So much to do, so little time!

I did a quick repaint of a bathroom cabinet this morning.  Getting on the floor was easy; getting up took a while.  I'm very happy that we live in an age when rusty parts can be replaced.  

Then I checked out Pinterest.  My feed is filled with quilts. dogs, craft techniques, and Bohemian decor.  There's even a category called Granny Boho, or something like that.  There is no way in the world I, or anyone else alive, can accomplish all the ideas or follow all the inspirations Pinterest brings onto her screen, but ideas are crucial to keeping us alive for as long as we can be.  

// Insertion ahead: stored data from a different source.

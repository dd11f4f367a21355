-- ===== src/Route/Decide.antt =====
-- route_match decides what a pattern is meant for.
use jaclibc.Base.{
  ℕ, zero, suc, ◌+◌, ◌<◌, ◌≡◌, ◌≢◌, ◌⊎◌, inl, inr, true, ltb, if◌then◌else◌, Option, some, none,
  ◌==◌, if_cases, List, [], ◌∷◌, ◌++◌, length, arith, refl, sym, subst, ◌∙◌, ℕ_discrete,
}
use jaclibc.Route.{Signs, Text, skip_name, match_loop, route_match, wildcard}
use jaclibc.Route.Spec.{
  Fits, ends, plain, escaped, one_name, all_names, has_no_sets, skip_name-IsName, Fits-plain,
  Fits-escaped, Fits-name,
}

-- The pointers are stored as long as there is room.
abbrev pub store : ℕ → List Text → List Text → List Text
store msize found [] = found
store msize found (h ∷ cs) =
    store msize (if ltb (length found) msize then found ++ h ∷ [] else found) cs

-- The answer says whether the path fits.
Decides : Signs → ℕ → Text → Text → List Text → Option (Option (List Text)) → Type 0
Decides s msize p h found o =
    ((cs : List Text) × Fits s p h cs × (o ≡ some (some (store msize found cs))))
    ⊎ ((o ≡ some none) × ((cs : List Text) → ¬ Fits s p h cs))

head_eq : (x c : ℕ) (t u : Text) → x ∷ t ≡ c ∷ u → x ≡ c
head_eq x c t u e = ground (arith, e)

tail_eq : (x c : ℕ) (t u : Text) → x ∷ t ≡ c ∷ u → t ≡ u
tail_eq x c t u e = ground (arith, e)

module _ (s : Signs) (msize : ℕ) where
  Decides-end :
      (h : Text) (found : List Text) (f : ℕ)
      → Decides s msize [] h found (match_loop s (suc f) msize [] h found)
  unfolding match_loop Decides
  Decides-end [] found f = inl ([], ends, refl)
  Decides-end (x ∷ h) found f = inr (ground arith, λ cs w. no_rest w)
    where
      no_rest : {cs : List Text} → ¬ Fits s [] (x ∷ h) cs
      no_rest w = elim w [ ]

  -- A byte of its own.
  Decides-plain :
      (c : ℕ) (p h : Text) (found : List Text) (f : ℕ)
      → c ≢ s.any
      → c ≢ s.esc
      → ((t : Text) → Decides s msize p t found (match_loop s f msize p t found))
      → Decides s msize (c ∷ p) h found (match_loop s (suc f) msize (c ∷ p) h found)
  unfolding match_loop Decides
  Decides-plain c p [] found f na ne rest = inr (
    ground (arith, na, ne),
    λ cs w. let (t, e, _) = Fits-plain s c p [] cs na ne w in ground (arith, e),
  )
  Decides-plain c p (x ∷ t) found f na ne rest = elim (ℕ_discrete c x) [
    | yes e ↦ elim (rest t) [
      | inl (cs, w, o) ↦ inl (cs, plain c x na ne e w, ground (arith, na, ne, e, o))
      | inr (o, not_fits) ↦ inr (
        ground (arith, na, ne, e, o),
        λ cs w.
            let (t', e', w') = Fits-plain s c p (x ∷ t) cs na ne w in
            not_fits cs (subst (λ (u : Text). Fits s p u cs) (sym (tail_eq x c t t' e')) w'),
      )
    ]
    | no ne' ↦ inr (
      ground (arith, na, ne, ne'),
      λ cs w.
          let (t', e', w') = Fits-plain s c p (x ∷ t) cs na ne w in ne' (sym (head_eq x c t t' e')),
    )
  ]

  -- A byte behind an escape.
  Decides-escaped :
      (c d : ℕ) (p h : Text) (found : List Text) (f : ℕ)
      → c ≢ s.any
      → c ≡ s.esc
      → ((t : Text) → Decides s msize p t found (match_loop s f msize p t found))
      → Decides s msize (c ∷ d ∷ p) h found (match_loop s (suc f) msize (c ∷ d ∷ p) h found)
  unfolding match_loop Decides
  Decides-escaped c d p [] found f na e rest = inr (
    ground (arith, na, e),
    λ cs w. let (t, e', _) = Fits-escaped s c d p [] cs na e w in ground (arith, e'),
  )
  Decides-escaped c d p (x ∷ t) found f na e rest = elim (ℕ_discrete d x) [
    | yes same ↦ elim (rest t) [
      | inl (cs, w, o) ↦ inl (cs, escaped c d x na e same w, ground (arith, na, e, same, o))
      | inr (o, not_fits) ↦ inr (
        ground (arith, na, e, same, o),
        λ cs w.
            let (t', e', w') = Fits-escaped s c d p (x ∷ t) cs na e w in
            not_fits cs (subst (λ (u : Text). Fits s p u cs) (sym (tail_eq x d t t' e')) w'),
      )
    ]
    | no other ↦ inr (
      ground (arith, na, e, other),
      λ cs w.
          let (t', e', w') = Fits-escaped s c d p (x ∷ t) cs na e w in
          other (sym (head_eq x d t t' e')),
    )
  ]

  -- A wildcard for one name.
  Decides-name :
      (c : ℕ) (p h : Text) (found : List Text) (f : ℕ)
      → c ≡ s.any
      → p ≢ s.any ∷ []
      → wildcard s p h ≡ some (some (p, skip_name s.div h))
      → ((t : Text) (found' : List Text)
          → Decides s msize p t found' (match_loop s f msize p t found'))
      → Decides s msize (c ∷ p) h found (match_loop s (suc f) msize (c ∷ p) h found)
  unfolding match_loop Decides
  Decides-name c p h found f a ne step rest =
      let found' = if ltb (length found) msize then found ++ h ∷ [] else found in
      let t = skip_name s.div h in
      let (name, n) = skip_name-IsName s.div h in
      let stepped : match_loop s (suc f) msize (c ∷ p) h found ≡ match_loop s f msize p t found' =
        ground (arith, a, step) in
      elim (rest t found') [
        | inl (cs, w, o) ↦ inl (h ∷ cs, one_name c a ne name t n w, stepped ∙ o)
        | inr (o, not_fits) ↦
            inr (
              stepped ∙ o,
              λ cs w. let (cs', e, w') = Fits-name s c p h cs a ne w in not_fits cs' w',
            )
      ]

  -- Two wildcards at the end of the pattern.
  Decides-all :
      (c d : ℕ) (h : Text) (found : List Text) (f : ℕ)
      → c ≡ s.any
      → d ≡ s.any
      → d ≢ b'['
      → Decides s msize (c ∷ d ∷ []) h found (match_loop s (suc (suc f)) msize (c ∷ d ∷ []) h found)
  unfolding match_loop wildcard Decides
  Decides-all c d h found f a b not_set =
      inl (h ∷ [], all_names c d a b, ground (arith, a, b, not_set))

  wildcard_end : (h : Text) → wildcard s [] h ≡ some (some ([], skip_name s.div h))
  unfolding wildcard
  wildcard_end h = refl

  wildcard_name :
      (d : ℕ) (q h : Text)
      → d ≢ b'['
      → (d ≢ s.any) ⊎ (length q ≢ 0)
      → wildcard s (d ∷ q) h ≡ some (some (d ∷ q, skip_name s.div h))
  unfolding wildcard
  wildcard_name d q h not_set not_deep = ground (arith, not_set, not_deep)

  Decides-wild :
      (c d : ℕ) (p h : Text) (found : List Text) (f : ℕ)
      → 0 < f
      → c ≡ s.any
      → d ≢ b'['
      → ((t : Text) (found' : List Text)
          → Decides s msize (d ∷ p) t found' (match_loop s f msize (d ∷ p) t found'))
      → Decides s msize (c ∷ d ∷ p) h found (match_loop s (suc f) msize (c ∷ d ∷ p) h found)
  Decides-wild c d p h found zero lt a not_set rest = absurd (omega arith)
  Decides-wild c d [] h found (suc f) lt a not_set rest = elim (ℕ_discrete d s.any) [
    | yes b ↦ Decides-all c d h found f a b not_set
    | no nb ↦
        Decides-name c (d ∷ []) h found (suc f) a (λ e. nb (head_eq d s.any [] [] e))
          (wildcard_name d [] h not_set (inl nb)) rest
  ]
  Decides-wild c d (x ∷ p) h found (suc f) lt a not_set rest =
      Decides-name c (d ∷ x ∷ p) h found (suc f) a
        (λ e. ground (arith, tail_eq d s.any (x ∷ p) [] e))
        (wildcard_name d (x ∷ p) h not_set (inr (λ e. omega arith))) rest

  match_loop_lem :
      (f : ℕ) (p h : Text) (found : List Text)
      → length p < f
      → has_no_sets s p ≡ true
      → Decides s msize p h found (match_loop s f msize p h found)
  match_loop_lem zero p h found lt ok = absurd (omega arith)
  match_loop_lem (suc f) [] h found lt ok = Decides-end h found f
  match_loop_lem (suc f) (c ∷ []) h found lt ok = elim (ℕ_discrete c s.any) [
    | yes a ↦
        Decides-name c [] h found f a (λ e. ground (arith, e)) (wildcard_end h)
          (λ t found'. match_loop_lem f [] t found' (omega arith) refl)
    | no na ↦
        Decides-plain c [] h found f na (λ e. ground (arith, ok, na, e))
          (λ t. match_loop_lem f [] t found (omega arith) refl)
  ]
  match_loop_lem (suc f) (c ∷ d ∷ p) h found lt ok = elim (ℕ_discrete c s.any) [
    | yes a ↦
        let not_set : d ≢ b'[' = ground (arith, ok, a) in
        let ok' : has_no_sets s (d ∷ p) ≡ true = ground (arith, ok, a) in
        Decides-wild c d p h found f (omega arith) a not_set
          (λ t found'. match_loop_lem f (d ∷ p) t found' (omega arith) ok')
    | no na ↦ elim (ℕ_discrete c s.esc) [
      | yes e ↦
          Decides-escaped c d p h found f na e
            (λ t. match_loop_lem f p t found (omega arith) (ground (arith, ok, na, e)))
      | no ne ↦
          Decides-plain c (d ∷ p) h found f na ne
            (λ t. match_loop_lem f (d ∷ p) t found (omega arith) (ground (arith, ok, na, ne)))
    ]
  ]

-- For a pattern in which no wildcard has a set and a byte follows each escape, route_match decides
-- whether the path fits, by the rules of Fits: it answers with the path and with what each wildcard
-- takes, up to msize of them, if it fits, and with 0 if it does not. With msize 0 it answers with 0.
pub route_match_lem :
    (s : Signs) (path pattern : Text) (msize : ℕ)
    → has_no_sets s pattern ≡ true
    → ((0 < msize)
        × ((cs : List Text) × Fits s pattern path cs
            × (route_match s path pattern msize ≡ some (some (store msize (path ∷ []) cs)))))
      ⊎ ((0 < msize)
          × (route_match s path pattern msize ≡ some none)
          × ((cs : List Text) → ¬ Fits s pattern path cs))
      ⊎ ((msize ≡ 0) × (route_match s path pattern msize ≡ some none))
unfolding route_match Decides
route_match_lem s path pattern zero ok = inr (inr (refl, refl))
route_match_lem s path pattern (suc n) ok =
    elim (if_cases (Decides s (suc n) pattern path (path ∷ [])) (suc n == 0) (some none)
      (match_loop s (length pattern + 1) (suc n) pattern path (path ∷ []))
      (λ e. absurd (ground (arith, e)))
      (λ _.
        match_loop_lem s (suc n) (length pattern + 1) pattern path (path ∷ []) (omega arith) ok)) [
          | inl fits ↦ inl (omega arith, fits)
          | inr fails ↦ inr (inl (omega arith, fails.0, fails.1))
        ]
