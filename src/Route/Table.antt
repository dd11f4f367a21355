-- ===== src/Route/Table.antt =====
-- include/transit/route.h: the table of a router, and the dispatch of a path to its handlers. A handler's run is
-- a parameter: it takes the handler, its arguments and the state of the context, and gives its answer
-- and the state that it leaves.
pub mod Laws
use jaclibc.Base.{
  ℕ, zero, suc, ◌+◌, Bool, true, false, not, ◌&&◌, ◌||◌, ◌==◌, ltb, if◌then◌else◌, ℤ, pos, negsuc,
  Option, none, some, List, [], ◌∷◌, ◌++◌, length,
}
use jaclibc.Route.{Signs, Text, route_match}

-- ROUTE_MATCH_MAX
abbrev pub match_max : ℕ
match_max = 16

-- ROUTE_FORWARD_MAX
abbrev pub forward_max : ℕ
forward_max = 16

pub record Route {ℓ} (H : Type ℓ) : Type ℓ where
  pub pattern : Text
  pub handler : H

module _ {ℓ} {H : Type ℓ} where
  -- The routes in the order of their registration; `memory` says whether calloc gives memory, and no
  -- argument is NULL.
  unfoldable pub route_add : Bool → List (Route H) → Text → H → ℤ × List (Route H)
  route_add memory routes pattern handler =
      if memory
      then (pos 0, routes ++ record { pattern = pattern; handler = handler } ∷ [])
      else (negsuc 0, routes)

  -- strcmp(cur->pattern, pattern) == 0 && cur->handler == handler, which `same` decides.
  unfoldable pub route_remove : (Route H → Bool) → List (Route H) → ℕ × List (Route H)
  route_remove same [] = (0, [])
  route_remove same (r ∷ routes) =
      let (deleted, rest) = route_remove same routes in
      if same r then (deleted + 1, rest) else (deleted, r ∷ rest)

-- struct router, less what the callers keep in it.
pub record Router {ℓ} (H : Type ℓ) : Type ℓ where
  pub spec : Signs
  pub routes : List (Route H)

-- `memory` says whether calloc gives memory.
unfoldable pub router_create {ℓ} : {H : Type ℓ} → Bool → Signs → Option (Router H)
router_create memory spec =
    if spec.any == 0 || spec.div == 0 || spec.esc == 0
    then none
    else if memory
    then some (record { spec = spec; routes = [] })
    else none

-- The context: hops, and what else the handlers change.
pub record Context {ℓ} (S : Type ℓ) : Type ℓ where
  pub hops : ℕ
  pub state : S

module _ {ℓ κ} {H : Type ℓ} {S : Type κ} (run : H → List Text → Context S → ℤ × Context S)
    (signs : Signs) where
  -- while (cur) { ... } and the line behind it. `none` is outside of a string.
  unfoldable pub forward_loop : List (Route H) → Text → Bool → Context S → Option (ℤ × Context S)
  forward_loop [] path matched c = some (if matched then pos 0 else negsuc 0, c)
  forward_loop (r ∷ routes) path matched c = elim (route_match signs path r.pattern match_max) [
    | none ↦ none
    | some none ↦ forward_loop routes path matched c
    | some (some argv) ↦
        let (result, c') = run r.handler argv c in
        elim result [ pos zero ↦ forward_loop routes path true c' | other ↦ some (other, c') ]
  ]

  unfoldable pub route_forward : List (Route H) → Text → Context S → Option (ℤ × Context S)
  unfolding forward_loop
  route_forward routes path c =
      let c' : Context S = record c { hops = c.hops + 1 } in
      if ltb forward_max c.hops then some (pos 0, c') else forward_loop routes path false c'

  unfoldable pub route_dispatch : List (Route H) → Text → S → Option (ℤ × Context S)
  unfolding route_forward
  route_dispatch routes path state = route_forward routes path (record { hops = 0; state = state })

Ideas are hopes for the future and I have plenty of them--no one wants to leave until all the projects are finished, even though for most of us that would take three or four lifetimes.  As long as I have an ongoing project or an idea for a new one, wonderful friends and family, and my sweet puppy, all is well in the world.  

Now, off to Napsville until Nathan comes for a visit and we go to Elena's dance recital.  Will will be here at the crack of dawn tomorrow and my knee installation happens at 9:00.  

Wednesday, May 19, 2021

Here we go.....

I've been x-rayed and tested and CKG-ed and cat scanned and found ready for a knee exchange on Monday.  Today we're making arrangements for Day to fly out the next day or the next, though we still don't know for sure when I'll be dismissed, probably Wednesday.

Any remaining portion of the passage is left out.